START Dataset content

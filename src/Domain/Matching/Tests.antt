-- ===== src/Domain/Matching/Tests.antt =====
-- A profile and a match, at concrete inputs.
use yente.Prelude.{Text, ◌≡◌, refl, ◌↔◌, true, some, [], ◌∷◌, codes, same, includes}
use yente.Domain.Qualification.{
  Value, text, array, object, no_field, field, read_path, read_keys, split_path, get_field,
  is_present, is_evidenced, missing_fields, unevidenced_fields, blockers, evaluate_qualification,
}
use yente.Domain.Qualification
use yente.Domain.Qualification.Qualified.{Answers, evaluate_qualification-Answers}
use yente.Domain.Matching.{
  Rule, Policy, Input, Match, Row, evaluate_rule, evaluate_rules, score_direction, evaluate_match,
  canonical_values, sort_texts, put_text, text_leb, without_repeats, shared, total, is_resolved,
  gate_blockers, all_blockers, match_of,
}
use yente.Domain.Matching.Eligible.{IsEligible, evaluate_match-IsEligible}

abbrev ada : Value
ada = object (
    field (codes "id") (text (codes "m1")) (
      field (codes "inboundEstablishedAt") (text (codes "2026")) (
        field (codes "state") (text (codes "QUALIFIED")) (
          field (codes "work")
            (object (
              field (codes "skills") (array (codes "rust" ∷ codes "go" ∷ codes "go" ∷ []))
                no_field))
            (field (codes "evidenceByField")
              (object (field (codes "work.skills") (array (codes "e1" ∷ [])) no_field))
              no_field)))))

abbrev profile_policy : Qualification.Policy
profile_policy = record {
  id = codes "p";
  version = codes "1";
  allowed_states = some (codes "QUALIFIED" ∷ []);
  required_fields = codes "work.skills" ∷ [];
}

ada_qualifies : (evaluate_qualification ada profile_policy).qualified ≡ true
unfolding evaluate_qualification missing_fields unevidenced_fields blockers is_present is_evidenced
    read_path read_keys split_path get_field same includes
ada_qualifies = refl

evaluate_qualification-Answers_example :
    ((evaluate_qualification ada profile_policy).qualified ≡ true) ↔ Answers ada profile_policy
evaluate_qualification-Answers_example = evaluate_qualification-Answers ada profile_policy

abbrev skills : Rule
skills = record {
  id = codes "skills";
  operator = codes "overlap";
  member_path = codes "work.skills";
  opportunity_path = codes "needs";
  weight = 3;
}

abbrev role : Value
role = object (
    field (codes "id") (text (codes "o1")) (
      field (codes "inboundEstablishedAt") (text (codes "2026"))
        (field (codes "needs") (array (codes "c" ∷ codes "rust" ∷ [])) no_field)))

abbrev policy : Policy
policy = record {
  id = codes "p";
  version = codes "1";
  hard_gates = skills ∷ [];
  member_rules = skills ∷ [];
  opportunity_rules = skills ∷ [];
  member_threshold = 3;
  opportunity_threshold = 2;
}

abbrev input : Input
input = record {
  member = ada;
  opportunity = role;
  member_qualified = some true;
  opportunity_qualified = some true;
  policy = policy;
  cycle = codes "default";
  prior_matches = [];
}

abbrev hash : Text → Text
hash t = t

abbrev row : Row
row = record {
  id = codes "skills";
  passed = true;
  matched_values = codes "rust" ∷ [];
  contribution = 3;
}

abbrev result : Match
result =
    match_of hash input (row ∷ [])
      (record { score = 3; threshold = 3; passed = true; breakdown = row ∷ [] })
      (record { score = 3; threshold = 2; passed = true; breakdown = row ∷ [] })

evaluate_match-IsEligible_example : (result.eligible ≡ true) ↔ IsEligible hash input result
unfolding evaluate_match evaluate_rules evaluate_rule score_direction canonical_values sort_texts
    put_text text_leb without_repeats shared total read_path read_keys split_path get_field same
    includes
evaluate_match-IsEligible_example = evaluate_match-IsEligible hash input result refl

result_eligible : result.eligible ≡ true
unfolding all_blockers gate_blockers is_resolved get_field same
result_eligible = refl
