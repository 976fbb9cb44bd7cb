-- ===== src/Domain/Member.antt =====
-- src/domain/member.js: the member state machine. Each operation returns the new member; `err` is a
-- throw. Times are milliseconds since 1970.
pub mod Runs
pub mod Suppression
pub mod Qualified
pub mod Invariant
mod Tests
use yente.Prelude.{
  Text, ℕ, Bool, true, false, not, Option, none, some, List, [], ◌∷◌, ◌++◌, Result, ok, err, ◌>>=◌,
  ◌>>◌, throw_if, timestamp, leb, max_date, same, truthy, lookup, insert, if◌then◌else◌,
}
use yente.Domain.Address.{normalize_address}

pub data State : Type 0 where
  new needs_profile interviewing qualified active stopped deleted : State

-- A qualification against one version of a policy.
pub record Record : Type 0 where
  pub policy_version : Text
  pub qualified_at : ℕ

pub data Event : Type 0 where
  member_created intake_began interview_began activated : Event
  evidence_required : Option Text → Option Text → Event
  was_qualified : Text → Text → Event
  was_stopped was_deleted : Option Text → Event

pub record Member : Type 0 where
  pub member_id : Text
  pub address : Text
  pub state : State
  pub inbound_established_at : ℕ
  pub qualifications : List (Text × Record)
  pub stopped_at : Option ℕ
  pub deleted_at : Option ℕ
  pub history : List (Event × ℕ)

pub data Error : Type 0 where
  missing_id missing_address missing_inbound not_an_address invalid_timestamp : Error
  not_qualified is_deleted : Error
  terminal_member : State → Error
  no_transition : State → State → Error

-- TERMINAL_MEMBER_STATES
abbrev pub is_terminal : State → Bool
is_terminal stopped = true
is_terminal deleted = true
is_terminal _ = false

-- `TRANSITIONS[from].includes(to)`
unfoldable pub allows : State → State → Bool
allows new needs_profile = true
allows needs_profile interviewing = true
allows interviewing needs_profile = true
allows interviewing qualified = true
allows qualified active = true
allows qualified needs_profile = true
allows qualified interviewing = true
allows active needs_profile = true
allows active interviewing = true
allows _ _ = false

unfoldable pub advance : Member → State → ℕ → Event → Result Error Member
advance m to at event = do
  throw_if (is_terminal m.state) (terminal_member m.state)
  throw_if (not (allows m.state to)) (no_transition m.state to)
  when ← timestamp invalid_timestamp at
  ok (record m { state = to; history = m.history ++ (event, when) ∷ [] })

pub record Input : Type 0 where
  pub member_id : Option Text
  pub address : Option Text
  pub inbound_established_at : Option ℕ
  pub created_at : ℕ

abbrev required : Option Text → Error → Result Error Text
required none e = err e
required (some []) e = err e
required (some (c ∷ cs)) e = ok (c ∷ cs)

abbrev or_error {ℓ} : {A : Type ℓ} → Option A → Error → Result Error A
or_error none e = err e
or_error (some a) e = ok a

unfoldable pub create_member : Input → Result Error Member
create_member i = do
  id ← required i.member_id missing_id
  address ← required i.address missing_address
  inbound ← or_error i.inbound_established_at missing_inbound
  at ← timestamp invalid_timestamp i.created_at
  normal ← or_error (normalize_address address) not_an_address
  established ← timestamp invalid_timestamp inbound
  ok (record {
    member_id = id;
    address = normal;
    state = new;
    inbound_established_at = established;
    qualifications = [];
    stopped_at = none;
    deleted_at = none;
    history = (member_created, at) ∷ [];
  })

unfoldable pub begin_intake : Member → ℕ → Result Error Member
begin_intake m at = advance m needs_profile at intake_began

unfoldable pub begin_interview : Member → ℕ → Result Error Member
begin_interview m at = advance m interviewing at interview_began

-- `reason ? { reason } : {}`: an empty detail is left out.
abbrev pub detail : Option Text → Option Text
detail none = none
detail (some []) = none
detail (some (c ∷ cs)) = some (c ∷ cs)

unfoldable pub require_more_evidence : Member → ℕ → Option Text → Option Text → Result Error Member
require_more_evidence m at reason policy_id =
    advance m needs_profile at (evidence_required (detail reason) (detail policy_id))

-- The result of a qualification check: the fields that `markQualified` reads.
pub record Qualification : Type 0 where
  pub qualified : Bool
  pub policy_id : Text
  pub policy_version : Text

abbrev with_record : Member → Text → Text → ℕ → Member
with_record m policy version at = record m {
  qualifications =
      insert policy (record { policy_version = version; qualified_at = at }) m.qualifications;
}

unfoldable pub mark_qualified : Member → Qualification → ℕ → Result Error Member
mark_qualified m q at = do
  throw_if (not q.qualified) not_qualified
  next ← advance m qualified at (was_qualified q.policy_id q.policy_version)
  when ← timestamp invalid_timestamp at
  ok (with_record next q.policy_id q.policy_version when)

unfoldable pub activate : Member → ℕ → Result Error Member
activate m at = advance m active at activated

-- The answer for a record: any version, if none is asked for.
abbrev version_matches : Option Record → Option Text → Bool
version_matches none version = false
version_matches (some r) none = true
version_matches (some r) (some v) = same r.policy_version v

unfoldable pub is_qualified_for : Member → Text → Option Text → Bool
is_qualified_for m policy version = version_matches (lookup policy m.qualifications) version

abbrev stop_in : State → Member → ℕ → Option Text → Result Error Member
stop_in stopped m at reason = ok m
stop_in deleted m at reason = err is_deleted
stop_in _ m at reason = do
  when ← timestamp invalid_timestamp at
  ok (record m {
    state = stopped;
    stopped_at = some when;
    history = m.history ++ (was_stopped (detail reason), when) ∷ [];
  })

unfoldable pub stop_member : Member → ℕ → Option Text → Result Error Member
stop_member m at reason = stop_in m.state m at reason

abbrev delete_in : State → Member → ℕ → Option Text → Result Error Member
delete_in deleted m at reason = ok m
delete_in _ m at reason = do
  when ← timestamp invalid_timestamp at
  ok (record m {
    state = deleted;
    deleted_at = some when;
    history = m.history ++ (was_deleted (detail reason), when) ∷ [];
  })

unfoldable pub delete_member : Member → ℕ → Option Text → Result Error Member
delete_member m at reason = delete_in m.state m at reason

unfoldable pub can_receive_outbound : Member → Bool
can_receive_outbound m = not (is_terminal m.state)

abbrev is_active : State → Bool
is_active active = true
is_active _ = false

unfoldable pub is_matchable : Member → Bool
is_matchable m = is_active m.state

END Dataset content

▸ **What to produce**: Work out how many lines of the preceding data contain the word "next". Reply with that number only.

▸ **Reply**: 2